Redtail monkeys, which are common at both sites, are smaller than mangabeys and red colobus. They use a broad mix of vegetation types, including old-growth forest, but apparently prefer young, regenerating forest (Lambert, 1995; Sheppard, 1999; Baranga, 2004). Redtails in unprotected forest fragments also have higher parasite loads than those within the park (Gillespie et al., 2005), but they use areas where even colobines are uncommon (Chapman et al., 2003), indicating better ability to persist in suboptimal habitats. Redtail abundance may be slightly higher at Ngogo than at Mainaro; the mean number of groups encountered per kilometre during censuses there was 0.70 in 2007 (Lwanga et al., 2011), whereas the mean for Mainaro was 0.57 during 2007–2010 (G. P. Aronsen and S. Teelen, unpublished data). Published group size estimates are slightly higher for Ngogo (n = 32 individuals; Mitani et al., 2001) than for Mainaro (n = 25; Chapman and Chapman, 2000; Mitani et al., 2001), although the variation in group size is considerable (Struhsaker and Leland, 1988; Windfelder and Lwanga, 2004; Lwanga et al., 2011).

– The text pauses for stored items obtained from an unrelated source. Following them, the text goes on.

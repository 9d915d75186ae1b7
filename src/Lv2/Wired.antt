-- ===== src/Lv2/Wired.antt =====
-- src/lv2plugin.cpp: the control connections that a plugin points to are there, and a period returns.
use bipscript.Prelude.{
  ℕ, zero, suc, ◌+◌, ◌<◌, ◌≡◌, refl, subst, ◌∙◌, List, [], ◌∷◌, Bool, Option, none, some,
  ℕ_discrete, length, get_elem?, set, get_elem?-set_self, get_elem?-set_ne, arith, Returns,
  Returns-map, Returns-bind,
}
use bipscript.Prelude.Int.{ℤ}
use bipscript.Position.{Position}
use bipscript.EventBuffer.{Drained}
use bipscript.EventBuffer.Drain.{size, Finishes, drain-Finishes}
use bipscript.Engine.{take_in}
use bipscript.Midi.{MidiEvent}
use bipscript.Lv2.{Fits, MidiInput}
use bipscript.Lv2.Merge.{process_input-IsPacked}
use bipscript.Lv2.Plugin.{
  PortFloats, ControlPort, ControlEvent, PortMapping, PortConnection, Plugin,
}
use bipscript.Lv2.Period.{
  map_to, pull_port_mappings, Controlled, apply_controls, process_connections, events_of,
  or_out_of_fuel, process_inputs, process_plugin,
}
use bipscript.Lv2.Controls.{controls_of, drained_controls, apply_controls-drain}

elem-lt : {A : Type 0} (xs : List A) (i : ℕ) (x : A) → get_elem? xs i ≡ some x → i < length xs
elem-lt [] i x e = cc
elem-lt (y ∷ xs) zero x e = omega arith
elem-lt (y ∷ xs) (suc i) x e = omega (arith, elem-lt xs i x e)

module _ {F : Type 0} where
  -- A connection that is there.
  abbrev pub IsLive : List (Option (PortConnection F)) → ℕ → Type 0
  IsLive controls i = (c : PortConnection F) × (get_elem? controls i ≡ some (some c))

  abbrev pub AllLive : List (Option (PortConnection F)) → List ℕ → Type 0
  AllLive controls [] = Unit {0}
  AllLive controls (i ∷ is) = IsLive controls i × AllLive controls is

  abbrev pub Mapped : List (Option (PortConnection F)) → List (PortMapping F) → Type 0
  Mapped controls [] = Unit {0}
  Mapped controls (x ∷ xs) = IsLive controls x.connection × Mapped controls xs

  -- What is there stays there.
  abbrev pub Stays : List (Option (PortConnection F)) → List (Option (PortConnection F)) → Type 0
  Stays controls controls' = (i : ℕ) → IsLive controls i → IsLive controls' i

  pub AllLive-Stays :
      (controls controls' : List (Option (PortConnection F))) (is : List ℕ)
      → Stays controls controls'
      → AllLive controls is
      → AllLive controls' is
  AllLive-Stays controls controls' [] s h = tt
  AllLive-Stays controls controls' (i ∷ is) s h =
      (s i h.0, AllLive-Stays controls controls' is s h.1)

  pub Mapped-Stays :
      (controls controls' : List (Option (PortConnection F))) (xs : List (PortMapping F))
      → Stays controls controls'
      → Mapped controls xs
      → Mapped controls' xs
  Mapped-Stays controls controls' [] s h = tt
  Mapped-Stays controls controls' (x ∷ xs) s h =
      (s x.connection h.0, Mapped-Stays controls controls' xs s h.1)

  pub AllLive-take_in :
      (controls : List (Option (PortConnection F))) (fresh active : List ℕ)
      → AllLive controls fresh
      → AllLive controls active
      → AllLive controls (take_in fresh active)
  AllLive-take_in controls [] active f a = a
  AllLive-take_in controls (i ∷ fresh) active f a =
      AllLive-take_in controls fresh (i ∷ active) f.1 (f.0, a)

  pub set-Stays :
      (controls : List (Option (PortConnection F))) (i : ℕ) (c c' : PortConnection F)
      → get_elem? controls i ≡ some (some c)
      → Stays controls (set controls i (some c'))
  set-Stays controls i c c' e j h = elim (ℕ_discrete i j) [
    | yes same ↦ (
      c',
      subst (λ v. get_elem? (set controls i (some c')) v ≡ some (some c')) same
          (get_elem?-set_self controls i (some c') (elem-lt controls i (some c) e)),
    )
    | no differ ↦ (h.0, get_elem?-set_ne controls (some c') differ ∙ h.1)
  ]

  pull_port_mappings-Stays :
      (xs : List (PortMapping F)) (controls : List (Option (PortConnection F)))
      → Mapped controls xs
      → Returns (pull_port_mappings xs controls) (Stays controls)
  unfolding pull_port_mappings
  pull_port_mappings-Stays [] controls h = λ i l. l
  pull_port_mappings-Stays (x ∷ xs) controls h =
      let c' : PortConnection F = record h.0.0 { mappings = x ∷ h.0.0.mappings } in
      let s = set-Stays controls x.connection h.0.0 c' h.0.1 in
      rw (h.0.1, map_to)
        (Returns-map (pull_port_mappings xs (set controls x.connection (some c')))
          (λ controls' t i l. t i (s i l))
          (pull_port_mappings-Stays xs (set controls x.connection (some c'))
            (Mapped-Stays controls (set controls x.connection (some c')) xs s h.1)))

  process_connections-Returns :
      (floats : PortFloats F) (events : ℕ → List MidiEvent) (places : List ℕ)
      (controls : List (Option (PortConnection F))) (ports : List (ControlPort F))
      → AllLive controls places
      → Returns (process_connections floats events places controls ports) (λ r. Unit {0})
  unfolding process_connections
  process_connections-Returns floats events [] controls ports h = tt
  process_connections-Returns floats events (place ∷ rest) controls ports h =
      rw (h.0.1, process_connections)
        (process_connections-Returns floats events rest controls _ h.1)

  abbrev pub Entries : List (Option (PortConnection F)) → List (ℕ × ℕ) → Type 0
  Entries controls [] = Unit {0}
  Entries controls (e ∷ m) = IsLive controls e.1 × Entries controls m

  pub Entries-Stays :
      (controls controls' : List (Option (PortConnection F))) (m : List (ℕ × ℕ))
      → Stays controls controls'
      → Entries controls m
      → Entries controls' m
  Entries-Stays controls controls' [] s h = tt
  Entries-Stays controls controls' (e ∷ m) s h =
      (s e.1 h.0, Entries-Stays controls controls' m s h.1)

  -- Every pointer of the plugin to a control connection is to one that is there.
  pub record IsWired (p : Plugin F) : Type 0 where
    pub pending : Mapped p.controls p.new_port_mappings
    pub fresh : AllLive p.controls p.fresh
    pub active : AllLive p.controls p.active
    pub known : Entries p.controls p.connection_map

-- The fuel is more than each MIDI input has events.
abbrev pub Enough : (ℕ → List MidiEvent) → ℕ → List (MidiInput × Option ℕ) → Type 0
Enough events fuel [] = Unit {0}
Enough events fuel ((i, c) ∷ rest) =
    (size i.event_buffer + length (events_of events c) < fuel) × Enough events fuel rest

process_inputs-Returns :
    (calculate : Position → ℤ) (rolling : Bool) (nframes : ℕ) (fits : Fits) (fuel : ℕ)
    (events : ℕ → List MidiEvent) (inputs : List (MidiInput × Option ℕ))
    → Enough events fuel inputs
    → Returns (process_inputs calculate rolling nframes fits fuel events inputs) (λ r. Unit {0})
unfolding process_inputs
process_inputs-Returns calculate rolling nframes fits fuel events [] h = tt
process_inputs-Returns calculate rolling nframes fits fuel events ((i, c) ∷ rest) h =
    let k = process_input-IsPacked calculate rolling nframes fits fuel (events_of events c) i h.0 in
    rw (k.returns) (
      Returns-bind (process_inputs calculate rolling nframes fits fuel events rest) _ _
        (process_inputs-Returns calculate rolling nframes fits fuel events rest h.1) (λ r u. tt))

module _ {F : Type 0} (calculate : Position → ℤ) (rolling : Bool) (nframes : ℕ) where
  finished :
      (ports : List (ControlPort F)) (o : Option (Controlled F))
      (d : Option (Drained (ControlEvent F)))
      → controls_of o ≡ drained_controls ports d
      → Finishes calculate rolling nframes d
      → Returns (or_out_of_fuel o) (λ c. Unit {0})
  finished ports none none e f = absurd f
  finished ports none (some d) e f = cc
  finished ports (some c) d e f = tt

  -- What a period does before the plugin is run returns, for a plugin whose pointers to control connections
  -- are to ones that are there, with more fuel than each buffer holds events; its pointers are so after it,
  -- and no mapping is left in the queue.
  pub process_plugin-IsWired :
      (floats : PortFloats F) (fits : Fits) (fuel : ℕ) (events : ℕ → List MidiEvent) (p : Plugin F)
      → IsWired p
      → Enough events fuel p.midi_inputs
      → size p.control_buffer < fuel
      → Returns
          (process_plugin floats calculate rolling nframes fits fuel events p)
          (λ r. IsWired r.0 × (r.0.new_port_mappings ≡ []))
  unfolding process_plugin
  process_plugin-IsWired floats fits fuel events p w enough h =
      Returns-bind (pull_port_mappings p.new_port_mappings p.controls) _ _
        (pull_port_mappings-Stays p.new_port_mappings p.controls w.pending)
        (λ mapped s.
          Returns-bind (process_inputs calculate rolling nframes fits fuel events p.midi_inputs) _ _
            (process_inputs-Returns calculate rolling nframes fits fuel events p.midi_inputs enough)
            (λ midi u.
              Returns-bind
                (or_out_of_fuel
                  (apply_controls calculate rolling nframes fuel p.control_buffer p.ports))
                _ _
                (finished p.ports _ _
                  (apply_controls-drain calculate rolling nframes fuel p.control_buffer p.ports)
                  (drain-Finishes calculate rolling nframes fuel p.control_buffer h))
                (λ c v.
                  let active =
                    AllLive-Stays p.controls mapped (take_in p.fresh p.active) s
                      (AllLive-take_in p.controls p.fresh p.active w.fresh w.active) in
                  Returns-bind
                    (process_connections floats events (take_in p.fresh p.active) mapped c.ports) _
                    _
                    (process_connections-Returns floats events (take_in p.fresh p.active) mapped
                      c.ports active)
                    (λ ports z. (
                      record {
                        pending = tt;
                        fresh = tt;
                        active = active;
                        known = Entries-Stays p.controls mapped p.connection_map s w.known;
                      },
                      refl,
                    )))))
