-- ===== src/Lib.antt =====
-- herve: the RV32IMC instruction set simulator of this repository, and the theorems on it.
--
-- The simulator is one C file with static variables, dpi-riscv/sim/iss/rv32_dpi.c. A test bench
-- calls `rv_init` (or another initialisation), sets interrupt requests by `rv_set_irq` and calls
-- `rv_step` for a batch of instructions. `rv_step` takes a pending interrupt, or fetches and runs
-- instructions, each by `execute_instruction` (32 bits) or `execute_compressed` (16 bits). These
-- access memory by `read_u32` to `write_u8`, which divide the addresses into HTIF registers (exit
-- and console), device registers (the test bench's `dpi_mmio_read` and `dpi_mmio_write`) and RAM.
-- With profiling on, each instruction is reported to dpi-riscv/sim/iss/herve_profiler.c, whose
-- tables of cycles are in dpi-riscv/sim/iss/herve_arch.c. `rv_init_elf` and `rv_load_elf` of rv32_dpi.c
-- load a program and, the first one, the symbols that the profiler reports. The command line program
-- dpi-riscv/sim/iss/herve_main.c loads a file, runs batches until a limit or the end of the program, and
-- writes the profiler's report; the runners of the riscv-tests load and run test files.
-- Apart from all that, dpi-riscv/softfloat.c has the arithmetic on doubles that guest programs are linked with.
--
-- The files:
--   Base, Word     shared helpers; `uint32_t` as numbers below 2 ^ 32, `int32_t` as the same
--                  numbers read through `signed32`, C's signed division on integers
--   Machine        the static variables as the record `Machine`, `write_reg`, the symbol table,
--                  `rv_get_reg`; Machine/WellFormed has the range of every variable
--   Memory         `valid_memory_access`, `read_u32` to `write_u8`, `htif_process_request`
--   Execute        `execute_instruction`: one module for each group of opcodes
--   Compressed     `execute_compressed`, with the immediates of its formats
--   Step           `ctz32` and `rv_step`
--   Boot           `rv_init`, `rv_init_from_buffer`, `rv_reset`, `rv_set_irq`, `rv_set_ram`; Establish and
--                  Firmware are about the state that they leave
--   Elf            `rv_load_elf` (Buffer), `rv_init_elf` (File) with its symbol tables (SymbolTable),
--                  on the bytes of the file; the structs of the headers are in Header
--   Profiler       herve_profiler.c and herve_arch.c; the CSV report is in Report, read back in Report/Read
--   Cli            herve_main.c: options, the loop over batches, report and exit code; Clock, Pace, Loop, Booted
--                  and Finish have what its end rests on, NoFile a file that does not open
--   Bench          rv32_dpi_riscv_tests.cpp, rv32_dpi_benchmark.cpp and, in Host, rv32_dpi_benchmark_htif.cpp of
--                  dpi-riscv/sim/iss: what the runners do with a test file
--   Zephyr         dpi-riscv/sim/iss/rv32_dpi_zephyr_standalone.c
--   Modelsim       dpi-riscv/sim/modelsim/rv32_dpi_mti.c
--   Guest          dpi-riscv/sync_stubs.c and dpi-riscv/newlib-stubs/alloca.c
--   Transparent    runs that differ in the profiler's variables, from the memory accesses up to the
--                  command line program
--   Vpi            dpi-riscv/sim/vpi/rv32_dpi_vpi.c: the device registers of the test bench in
--                  Registers, which are one choice of `dpi_mmio_read`, and the system functions
--   SoftFloat      dpi-riscv/softfloat.c: fields of a double, `normalize`, addition, multiplication,
--                  division, comparisons and conversions
--   Tests          concrete states, a run of a small program, and uses of the theorems
--
-- A C function that changes static variables is a function from `Machine` to `Machine`; with a
-- Boolean result where the C function has one. `none` is undefined behaviour of C: an access
-- outside of the memory buffer, or a shift of a word by 32 or more. `dpi_mmio_read` is a parameter
-- that answers from the address and the calls so far; the calls are recorded in `bus`, and the
-- characters given to `putchar` in `console`. `malloc` and `fseek` are parameters: whether there is
-- a buffer of a size, and whether a file can be read from an offset on. A file is its bytes and its
-- size; what `fread` does not fill has no value, and is `none` where the code reads it. A string of
-- a file becomes a text with one character for each byte. A double is its bit pattern, a number below
-- 2 ^ 64, and an exponent that may be negative is an integer.
--
-- The loop of `rv_step` is by recursion on the rounds that the bound leaves, which is the C loop's
-- own bound. The loop of `ctz32` has 32 rounds of fuel; a word that is not 0 ends it in 31.
-- The loops over the headers, sections and symbols of a file go by the rounds left of the file's own
-- counts. In SoftFloat the loops of `normalize` and `__divdf3` have the code's own bounds of 63 and
-- 106 rounds, that of `__adddf3` ends with the exponent, and that of `__floatunsidf` has 52 rounds,
-- which are enough for every number of 32 bits but 0.
-- A symbol's string stands with the index of its symbol, since the profiler compares addresses.
-- The loop of herve_main.c is by recursion on fuel; more fuel than the limit on the cycles is enough, since
-- each batch that it goes on after has executed an instruction or halted the simulator. A line of the report is the list
-- of its fields, which `fprintf` puts commas between. `atoll`, `atoi` and what a file of a name holds are
-- parameters of the programs. The loop of the runners in Bench is by recursion on fuel; more than
-- `MAX_INSTRUCTIONS`, which is a parameter, is enough.
--
-- Not modelled: the trace output and the messages on the standard streams (printing), the
-- registration in dpi-riscv/sim/vpi, the directories and times of the runners, the test benches
-- in C++ under dpi-riscv/sim/harness and dpi-riscv/sim/iss, which run fixed inputs or a generated
-- Verilog model, and the guest programs with their headers.
pub mod Base
pub mod Word
pub mod Profiler
pub mod Machine
pub mod Memory
pub mod Execute
pub mod Compressed
pub mod Step
pub mod Boot
pub mod SoftFloat
pub mod Elf
pub mod Vpi
pub mod Cli
pub mod Bench
pub mod Zephyr
pub mod Modelsim
pub mod Guest
pub mod Transparent
mod Tests
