-- ===== src/Base/Text.antt =====
-- C strings: `strcmp(s, t) == 0` is the equality of texts.
pub use Prim.Native.String.{String}
pub use text.Mathlib.Text.{◌==◌ as str_eq}
pub use text.Mathlib.TextEquality.{eq_iff as str_eq_iff}
pub use text.Mathlib.Text.{starts_with}
pub use Prim.Native.String.{slice, len}
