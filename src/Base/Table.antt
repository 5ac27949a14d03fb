-- ===== src/Base/Table.antt =====
-- A fact about all numbers of a small range, by evaluation of a test on each of them.
use Prim.Native.Nat.{ℕ, zero, suc, ◌<◌}
use mathlib.Core.Path.{◌≡◌}
use mathlib.Core.Bool.{Bool, true, ◌&&◌}
use native.Mathlib.Omega.{arith}

-- The test holds of every number below the bound.
unfoldable pub passes_below : (ℕ → Bool) → ℕ → Bool
passes_below test zero = true
passes_below test (suc bound) = passes_below test bound && test bound

pub passes_below_lem :
    (test : ℕ → Bool) (bound : ℕ)
    → passes_below test bound ≡ true
    → (i : ℕ) → i < bound
    → test i ≡ true
unfolding passes_below
passes_below_lem test zero all i small = absurd (omega arith)
passes_below_lem test (suc bound) all i small =
    ground (arith, λ (h : passes_below test bound ≡ true). passes_below_lem test bound h i)
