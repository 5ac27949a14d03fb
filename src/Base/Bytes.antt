-- ===== src/Base/Bytes.antt =====
-- C strings as texts: each byte is the character of its number.
use Prim.Native.Nat.{ℕ, zero, suc, ◌+◌, ◌%◌, ◌<◌}
use Prim.Native.Char.{Char, char, IsScalar}
use Prim.Native.String.{String, [], ◌∷◌}
use mathlib.Core.Option.{Option, none, some}
use mathlib.Core.Option
use native.Mathlib.Omega.{arith}
use herve.Base.Test.{◌==◌, if◌then◌else◌}

pub byte-IsScalar : (n : ℕ) → n < 256 → IsScalar n
byte-IsScalar n h = ground arith

abbrev pub char_of_byte : ℕ → Char
char_of_byte b = char (b % 256) (byte-IsScalar (b % 256) (omega arith))

-- The text from offset `off` on up to a byte 0, if one is among the next `left` bytes.
unfoldable pub c_string : (ℕ → ℕ) → ℕ → ℕ → Option String
c_string bytes off zero = none
c_string bytes off (suc left) =
    let rest = c_string bytes (off + 1) left in
    if bytes off == 0 then some [] else Option.map (λ text. char_of_byte (bytes off) ∷ text) rest
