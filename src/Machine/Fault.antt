-- ===== src/Machine/Fault.antt =====
-- Undefined behaviour as a value. A step of the simulator returns `none` where the C program has
-- none: it touches a byte outside of the memory buffer, or shifts a word by 32 bits or more.
use herve.Base.{Bool, true, false, Option, none, some, if◌then◌else◌, ◌≡◌, refl}

infixl 5 ◌>>=◌
abbrev pub ◌>>=◌ : {A B : Type 0} → Option A → (A → Option B) → Option B
none >>= f = none
some a >>= f = f a

-- What holds of the result, if the behaviour is defined.
abbrev pub Ensures : {A : Type 0} → (A → Type 0) → Option A → Type 0
Ensures P none = Unit
Ensures P (some a) = P a

-- The behaviour is defined, and `P` holds of the result.
abbrev pub Returns : {A : Type 0} → (A → Type 0) → Option A → Type 0
Returns P none = ⊥
Returns P (some a) = P a

module _ {A B : Type 0} (P : A → Type 0) (Q : B → Type 0) where
  pub Ensures-bind :
      (m : Option A) (f : A → Option B)
      → Ensures P m
      → ((a : A) → P a → Ensures Q (f a))
      → Ensures Q (m >>= f)
  Ensures-bind none f h k = tt
  Ensures-bind (some a) f h k = k a h

  pub Returns-bind :
      (m : Option A) (f : A → Option B)
      → Returns P m
      → ((a : A) → P a → Returns Q (f a))
      → Returns Q (m >>= f)
  Returns-bind none f h k = h
  Returns-bind (some a) f h k = k a h

pub if-Ensures :
    {A : Type 0} (P : A → Type 0) (b : Bool) (x y : Option A)
    → Ensures P x
    → Ensures P y
    → Ensures P (if b then x else y)
if-Ensures P true x y hx hy = hx
if-Ensures P false x y hx hy = hy

pub Ensures-map :
    {A : Type 0} {P Q : A → Type 0} (m : Option A)
    → Ensures P m
    → ((a : A) → P a → Q a)
    → Ensures Q m
Ensures-map none h f = tt
Ensures-map (some a) h f = f a h

pub Ensures-both :
    {A : Type 0} (P Q : A → Type 0) (m : Option A)
    → Ensures P m
    → Ensures Q m
    → Ensures (λ a. P a × Q a) m
Ensures-both P Q none h k = tt
Ensures-both P Q (some a) h k = (h, k)

-- A result is the result.
pub some_result : {A : Type 0} (m : Option A) → Ensures (λ a. m ≡ some a) m
some_result none = tt
some_result (some a) = refl
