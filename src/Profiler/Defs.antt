-- ===== src/Profiler/Defs.antt =====
-- The data of the profiler: dpi-riscv/sim/iss/herve_profiler.h and the types and globals at the top
-- of herve_profiler.c. An array indexed by the instruction type is a function on the type's number.
use herve.Base.{ℕ, Bool, Option, List, String}

-- `herve_insn_type_t`. `HERVE_INSN_COUNT` is the number of these and no instruction has it.
pub data InsnType : Type 0 where
  unknown alu mul div load store branch jump csr sys compressed : InsnType

-- The value of the enumeration constant.
abbrev pub index : InsnType → ℕ
index unknown = 0
index alu = 1
index mul = 2
index div = 3
index load = 4
index store = 5
index branch = 6
index jump = 7
index csr = 8
index sys = 9
index compressed = 10

-- `herve_arch_t`.
pub record Arch : Type 0 where
  pub name : String
  pub pipeline_stages : ℕ
  pub cycles : InsnType → ℕ

-- `cf_type_t`.
pub data CfType : Type 0 where
  cf_none cf_call cf_ret cf_jump : CfType

-- `herve_func_stats_t`; the `next` pointers are the list.
pub record FuncStats : Type 0 where
  pub name : String
  pub total_cycles : ℕ
  pub calls : ℕ
  pub insn_counts : ℕ → ℕ
  pub insn_cycles : ℕ → ℕ

-- `call_pair_t`; the `next` pointers are the list.
pub record CallPair : Type 0 where
  pub caller : String
  pub callee : String
  pub count : ℕ

-- What `herve_get_symbol_at` returns: the string, and the index of its symbol, which stands for
-- the address of the string. Each symbol owns its string, so equal addresses are equal indices.
pub record SymbolName : Type 0 where
  pub pointer : ℕ
  pub name : String

-- The file's static variables. `func_stats` and `call_pairs` are the lists from their heads on.
pub record Profiler : Type 0 where
  pub enabled : Bool
  pub arch : Option Arch
  pub total_cycles : ℕ
  pub total_instructions : ℕ
  pub insn_counts : ℕ → ℕ
  pub insn_cycles : ℕ → ℕ
  pub func_stats : List FuncStats
  pub last_func : Option SymbolName
  pub call_pairs : List CallPair
  pub last_cf : CfType
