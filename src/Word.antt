-- ===== src/Word.antt =====
-- Machine words: a `uint32_t` is a number below 2 ^ 32, an `int32_t` the same bit pattern read
-- through `signed32`. The wrap-around of C's unsigned arithmetic is written out.
-- `sign_extend` is that of dpi-riscv/sim/iss/rv32_dpi.c.
pub mod Int
pub mod Bits
pub mod Extend
pub mod Division
use herve.Base.{ℕ, ◌+◌, ◌-◌, ◌*◌, ◌/◌, ◌%◌, ◌^◌, Bool, ltb, leb, if◌then◌else◌}
use Int.{ℤ, pos, negsuc, ltb_ℤ}

abbrev pub u8 : ℕ → ℕ
u8 n = n % 2 ^ 8

abbrev pub u16 : ℕ → ℕ
u16 n = n % 2 ^ 16

abbrev pub u32 : ℕ → ℕ
u32 n = n % 2 ^ 32

abbrev pub u64 : ℕ → ℕ
u64 n = n % 2 ^ 64

-- `a + b` and `a - b` on `uint32_t`.
abbrev pub add32 : ℕ → ℕ → ℕ
add32 a b = (a + b) % 2 ^ 32

abbrev pub sub32 : ℕ → ℕ → ℕ
sub32 a b = (a + (2 ^ 32 - b)) % 2 ^ 32

-- `a << k` and `a >> k` on `uint32_t`, for k < 32.
abbrev pub shl32 : ℕ → ℕ → ℕ
shl32 a k = a * 2 ^ k % 2 ^ 32

abbrev pub shr32 : ℕ → ℕ → ℕ
shr32 a k = a / 2 ^ k

-- `~a` on `uint32_t`.
abbrev pub not32 : ℕ → ℕ
not32 a = 2 ^ 32 - 1 - a

-- `(uint32_t)((int32_t)a >> k)`, for k < 32: the sign bit is shifted in.
unfoldable pub sra32 : ℕ → ℕ → ℕ
sra32 a k = if ltb a (2 ^ 31) then a / 2 ^ k else 2 ^ 32 - 1 - (2 ^ 32 - 1 - a) / 2 ^ k

-- `(insn >> lo) & (2 ^ width - 1)`.
abbrev pub field : ℕ → ℕ → ℕ → ℕ
field insn lo width = insn / 2 ^ lo % 2 ^ width

-- Copies bit `bits - 1` of `value` into all bits above.
unfoldable pub sign_extend : ℕ → ℕ → ℕ
unfolding sra32
sign_extend value bits = let shift = 32 - bits in sra32 (shl32 value shift) shift

-- The integer that the bit pattern of an `int32_t` stands for.
abbrev pub signed32 : ℕ → ℤ
signed32 w = if ltb w (2 ^ 31) then pos w else negsuc (2 ^ 32 - 1 - w)

-- `(int32_t)a < (int32_t)b`.
abbrev pub slt : ℕ → ℕ → Bool
slt a b = ltb_ℤ (signed32 a) (signed32 b)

Collection of urine and analysis of urinary cortisol
Animal encounter and urine collection followed the methods of Jaimez et al. (2012). Between June and August 2010, G.P.A. and field assistants walked along existing forest transects to find primate groups; on encountering one group, they estimated its size and followed it until they lost it or until the end of the day. In Kibale, redtail day ranges average about 1 km (Lambert, 1999); red colobus day ranges average ∼570 m (Isbell, 1983). Redtails sampled at Ngogo were habituated, but those at Mainaro were not, and red colobus were poorly habituated at both sites. To avoid generating additional stress via human presence, we attempted to avoid resampling the same group on consecutive days by spacing out collection locations by distances >1 km. This method was deployed successfully by Jaimez et al. (2012). In related species, urinary cortisol values reflect circulating concentrations 4–8 h in the past (Whitten et al., 1998), thereby reducing the potential impact of observational contact with researchers.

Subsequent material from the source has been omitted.